# How to get an Apostille in Porto



## Andreanicole645 (Sep 29, 2021)

I had an appointment with SEF today and they wouldn’t accept my FBI criminal record (USA) because it doesn’t have an apostille. They told me I needed to go to the u.s embassy but I already spoke with them when getting my fingerprints and they said they do not do any apostilles.
Does anyone know where I can get it? I’ve tried looking it up but a bunch of sites that I’m pretty sure are scams keep coming up


----------



## hktoportugal (Feb 25, 2019)

Typically you need to get an apostille in the country that issued the documents that require an apostille. So it would need to be a US organisation, the embassy wasn´t able to tell you? 
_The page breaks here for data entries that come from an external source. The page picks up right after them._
-- ===== src/Manifest/Selected.antt =====
-- internal/manifest/manifest.go: the walk, which passes over whole directories, takes the files that a
-- test of every file by itself selects.
use joyrun.Base.{
  ◌+◌, ◌≤◌, ◌<◌, ◌≡◌, refl, sym, ap, ◌∙◌, Bool, true, false, ◌&&◌, not, List, [], ◌∷◌, ◌++◌, any,
  map, ltb, length, arith, select_where, append_assoc, append-nil, length-append, inl, inr,
  Bool-cases,
}
use joyrun.Base.Text.{Text}
use joyrun.Fault.{ok, first_step, Result-cases}
use joyrun.Manifest.{
  Selection, ManifestEntry, File, Forest, nil, leaf, folder, Scan, matches, selected, ignore,
  enforce_limits, add_file, visit_file, walk, snapshot, validate_selection,
}

-- A file of the tree, with the directories above it, the nearest first.
pub record Found : Type 0 where
  pub folders : List Text
  pub path : Text

abbrev pub flatten : List Text → Forest → List Found
flatten above nil = []
flatten above (leaf rel file next) = record { folders = above; path = rel } ∷ flatten above next
flatten above (folder rel kids next) = flatten (rel ∷ above) kids ++ flatten above next

module _ (glob : Text → Text → Bool) (s : Selection) where
  abbrev pub is_excluded_folder : Text → Bool
  is_excluded_folder rel = matches glob rel true s.exclude

  -- Neither the file nor a directory above it is excluded, and it is selected.
  abbrev pub is_uploaded : Found → Bool
  is_uploaded f =
      not (any is_excluded_folder f.folders)
      && not (matches glob f.path false s.exclude)
      && selected glob f.path s

  abbrev pub paths_of : List ManifestEntry → List Text
  paths_of = map (λ e. e.path)

  abbrev pub uploaded_paths : List Found → List Text
  uploaded_paths fs = map (λ f. f.path) (select_where is_uploaded fs)

  uploaded-append :
      (xs ys : List Found) → uploaded_paths (xs ++ ys) ≡ uploaded_paths xs ++ uploaded_paths ys
  unfolding select_where
  uploaded-append [] ys = refl
  uploaded-append (x ∷ xs) ys = ground (arith, uploaded-append xs ys)

  -- Below an excluded directory nothing is uploaded.
  uploaded-below :
      (above : List Text) (tree : Forest)
      → any is_excluded_folder above ≡ true
      → uploaded_paths (flatten above tree) ≡ []
  unfolding select_where
  uploaded-below above nil h = refl
  uploaded-below above (leaf rel file next) h = ground (arith, uploaded-below above next)
  uploaded-below above (folder rel kids next) h =
      uploaded-append (flatten (rel ∷ above) kids) (flatten above next)
      ∙ rw (uploaded-below (rel ∷ above) kids (ground arith), uploaded-below above next h) refl

  paths-append : (xs ys : List ManifestEntry) → paths_of (xs ++ ys) ≡ paths_of xs ++ paths_of ys
  paths-append [] ys = refl
  paths-append (x ∷ xs) ys = ground (arith, paths-append xs ys)

  -- A file that is added is the last entry, and the limit on the files holds with it.
  add_file-inv :
      (rel : Text) (file : File) (scan : Scan) {after : Scan}
      → add_file glob s rel file scan ≡ ok after
      → (e : ManifestEntry) × (e.path ≡ rel)
        × (after.entries ≡ scan.entries ++ e ∷ [])
        × ((ltb 0 s.max_files && ltb s.max_files (length scan.entries + 1)) ≡ false)
  unfolding add_file enforce_limits
  add_file-inv rel file scan {after} h = elim (Result-cases file.checked) [
    | inr (x, e) ↦ ground arith
    | inl (size, e) ↦ elim (Result-cases file.content) [
      | inr (x, q) ↦ ground arith
      | inl ((copied, hash), q) ↦
          (record { path = rel; size = copied; sha256 = hash }, refl, ground arith, ground arith)
    ]
  ]

  visit-paths :
      (rel : Text) (file : File) (scan : Scan) {after : Scan} (above : List Text)
      → any is_excluded_folder above ≡ false
      → visit_file glob s rel file scan ≡ ok after
      → paths_of after.entries
        ≡ paths_of scan.entries ++ uploaded_paths (record { folders = above; path = rel } ∷ [])
  unfolding visit_file select_where
  visit-paths rel file scan {after} above open_above h =
      elim (Bool-cases (matches glob rel false s.exclude)) [
        | inl out ↦ ground (arith, append-nil (paths_of scan.entries))
        | inr kept ↦ elim (Bool-cases (selected glob rel s)) [
          | inr unselected ↦ ground (arith, append-nil (paths_of scan.entries))
          | inl chosen ↦
              let (e, p, q, _) = add_file-inv rel file scan {after = after} (ground arith) in
              ground (arith, p, q, paths-append scan.entries (e ∷ []))
        ]
      ]

  walk-paths :
      (tree : Forest) (scan : Scan) {after : Scan} (above : List Text)
      → any is_excluded_folder above ≡ false
      → walk glob s tree scan ≡ ok after
      → paths_of after.entries ≡ paths_of scan.entries ++ uploaded_paths (flatten above tree)
  unfolding walk select_where
  walk-paths nil scan {after} above free h = ground (arith, append-nil (paths_of scan.entries))
  walk-paths (leaf rel file next) scan {after} above free h =
      let (mid, q, e) = first_step (visit_file glob s rel file scan) h in
      let this : Found = record { folders = above; path = rel } in
      walk-paths next mid above free q
      ∙ ap (λ ps. ps ++ uploaded_paths (flatten above next))
          (visit-paths rel file scan above free e)
      ∙ append_assoc (paths_of scan.entries) (uploaded_paths (this ∷ []))
          (uploaded_paths (flatten above next))
      ∙ ap (λ ps. paths_of scan.entries ++ ps)
          (sym (uploaded-append (this ∷ []) (flatten above next)))
  walk-paths (folder rel kids next) scan {after} above free h =
      elim (Bool-cases (matches glob rel true s.exclude)) [
        | inl out ↦
            walk-paths next (ignore rel scan) above free (rw out at h)
            ∙ ap (λ ps. paths_of scan.entries ++ ps)
                (sym (
                  uploaded-append (flatten (rel ∷ above) kids) (flatten above next)
                  ∙ rw (uploaded-below (rel ∷ above) kids (ground arith)) refl))
        | inr within ↦
            let (mid, q, e) = first_step (walk glob s kids scan) (rw within at h) in
            walk-paths next mid above free q
            ∙ ap (λ ps. ps ++ uploaded_paths (flatten above next))
                (walk-paths kids scan (rel ∷ above) (ground arith) e)
            ∙ append_assoc (paths_of scan.entries) (uploaded_paths (flatten (rel ∷ above) kids))
                (uploaded_paths (flatten above next))
            ∙ ap (λ ps. paths_of scan.entries ++ ps)
                (sym (uploaded-append (flatten (rel ∷ above) kids) (flatten above next)))
      ]

  -- The walk over the directories, which passes over the excluded ones, takes exactly the files of the
  -- whole tree that are selected, are not excluded and lie below no excluded directory, in the order
  -- of the walk.
  pub snapshot-uploaded :
      (tree : Forest) {scan : Scan}
      → snapshot glob s tree ≡ ok scan
      → paths_of scan.entries ≡ uploaded_paths (flatten [] tree)
  unfolding snapshot
  snapshot-uploaded tree h =
      let (_, q, e) = first_step (validate_selection glob s) h in
      walk-paths tree (record { entries = []; ignored = []; total = 0 }) [] refl q

  visit-few :
      (rel : Text) (file : File) (scan : Scan) {after : Scan}
      → 0 < s.max_files
      → length scan.entries ≤ s.max_files
      → visit_file glob s rel file scan ≡ ok after
      → length after.entries ≤ s.max_files
  unfolding visit_file
  visit-few rel file scan {after} bound few h =
      elim (Bool-cases (matches glob rel false s.exclude)) [
        | inl out ↦ ground arith
        | inr kept ↦ elim (Bool-cases (selected glob rel s)) [
          | inr unselected ↦ ground arith
          | inl chosen ↦
              let (e, p, q, room) = add_file-inv rel file scan {after = after} (ground arith) in
              ground (arith, q, room, length-append scan.entries (e ∷ []))
        ]
      ]

  walk-few :
      (tree : Forest) (scan : Scan) {after : Scan}
      → 0 < s.max_files
      → length scan.entries ≤ s.max_files
      → walk glob s tree scan ≡ ok after
      → length after.entries ≤ s.max_files
  unfolding walk
  walk-few nil scan {after} bound few h = ground arith
  walk-few (leaf rel file next) scan bound few h =
      let (mid, q, e) = first_step (visit_file glob s rel file scan) h in
      walk-few next mid bound (visit-few rel file scan bound few e) q
  walk-few (folder rel kids next) scan bound few h =
      elim (Bool-cases (matches glob rel true s.exclude)) [
        | inl out ↦ walk-few next (ignore rel scan) bound few (rw out at h)
        | inr within ↦
            let (mid, q, e) = first_step (walk glob s kids scan) (rw within at h) in
            walk-few next mid bound (walk-few kids scan bound few e) q
      ]

  -- With a limit on the files, an upload that is accepted has no more files than that.
  pub snapshot-few :
      (tree : Forest) {scan : Scan}
      → 0 < s.max_files
      → snapshot glob s tree ≡ ok scan
      → length scan.entries ≤ s.max_files
  unfolding snapshot
  snapshot-few tree bound h =
      let (_, q, e) = first_step (validate_selection glob s) h in
      walk-few tree (record { entries = []; ignored = []; total = 0 }) bound (omega arith) q
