-- ===== src/Remote.antt =====
-- internal/remote/remote.go: quoting for the remote POSIX shell and the options of OpenSSH.
pub mod Words
use joyrun.Base.{
  ℕ, Bool, true, false, Option, none, some, List, [], ◌∷◌, ◌++◌, if◌then◌else◌, nat_eq, String,
}
use joyrun.Base.Text.{Text, codes, has_prefix}
use joyrun.Base.Strings.{trim_space, is_empty}

-- `strings.ReplaceAll(value, "'", …)` with the quoted apostrophe of Quote.
unfoldable pub escape : Text → Text
escape [] = []
escape (c ∷ s) = if nat_eq c b'\'' then codes "'\"'\"'" ++ escape s else c ∷ escape s

-- Quote, and shellQuote of internal/template/render.go.
unfoldable pub quote : Text → Text
quote value = b'\'' ∷ escape value ++ b'\'' ∷ []

abbrev last_slash : ℕ → Text → Option Text → Option Text
last_slash c s none = if nat_eq c b'/' then some [] else none
last_slash c s (some front) = some (c ∷ front)

-- The part before the last "/"; `none` if there is none.
unfoldable pub before_last_slash : Text → Option Text
before_last_slash [] = none
before_last_slash (c ∷ s) = last_slash c s (before_last_slash s)

abbrev parent : Option Text → Text
parent none = codes "."
parent (some []) = codes "."
parent (some (c ∷ front)) = c ∷ front

-- Dir
unfoldable pub dir : Text → Text
dir path = parent (before_last_slash path)

-- OpenSSHOptionsFor
unfoldable pub open_ssh_options_for : Text → List Text
open_ssh_options_for control_path =
    (codes "-o"
      ∷ codes "BatchMode=yes"
      ∷ codes "-o"
      ∷ codes "ConnectTimeout=15"
      ∷ codes "-o"
      ∷ codes "ServerAliveInterval=15"
      ∷ codes "-o"
      ∷ codes "ServerAliveCountMax=3"
      ∷ [])
    ++ (if is_empty control_path
        then []
        else codes "-o"
          ∷ codes "ControlMaster=auto"
          ∷ codes "-o"
          ∷ codes "ControlPersist=300"
          ∷ codes "-o"
          ∷ (codes "ControlPath=" ++ control_path)
          ∷ [])

-- The quoted options, two at a time; an odd one at the end is dropped.
unfoldable pub quoted_pairs : List Text → List Text
quoted_pairs (flag ∷ value ∷ options) = quote flag ∷ quote value ∷ quoted_pairs options
quoted_pairs _ = []

-- strings.Join with one blank.
unfoldable pub join_blank : List Text → Text
join_blank [] = []
join_blank (w ∷ []) = w
join_blank (w ∷ v ∷ ws) = w ++ b' ' ∷ join_blank (v ∷ ws)

-- OpenSSHShellFor
unfoldable pub open_ssh_shell_for : Text → Text
open_ssh_shell_for control_path =
    join_blank (codes "ssh" ∷ quoted_pairs (open_ssh_options_for control_path))

-- detail
unfoldable pub detail : Text → Text → Text
detail message stderr =
    if is_empty (trim_space stderr) then message else message ++ codes ": " ++ trim_space stderr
For my personal experience in Hong Kong the only entity to provide the Apostille on Hong Kong issued documents is the HK high court. I had to do this for my wife´s HK drivers license (the one document I forgot to get an apostille for before we went to Portugal) so she could exchange it for a Portuguese drivers license. Steps I had to take: send drivers license to a friend in HK, he had to get the drivers license notarised with a local HK notary office and subsequently the notarised drivers license was submitted to the HK high court to get the apostille. Took a couple of days all in all and they send the lot back to Portugal.


----------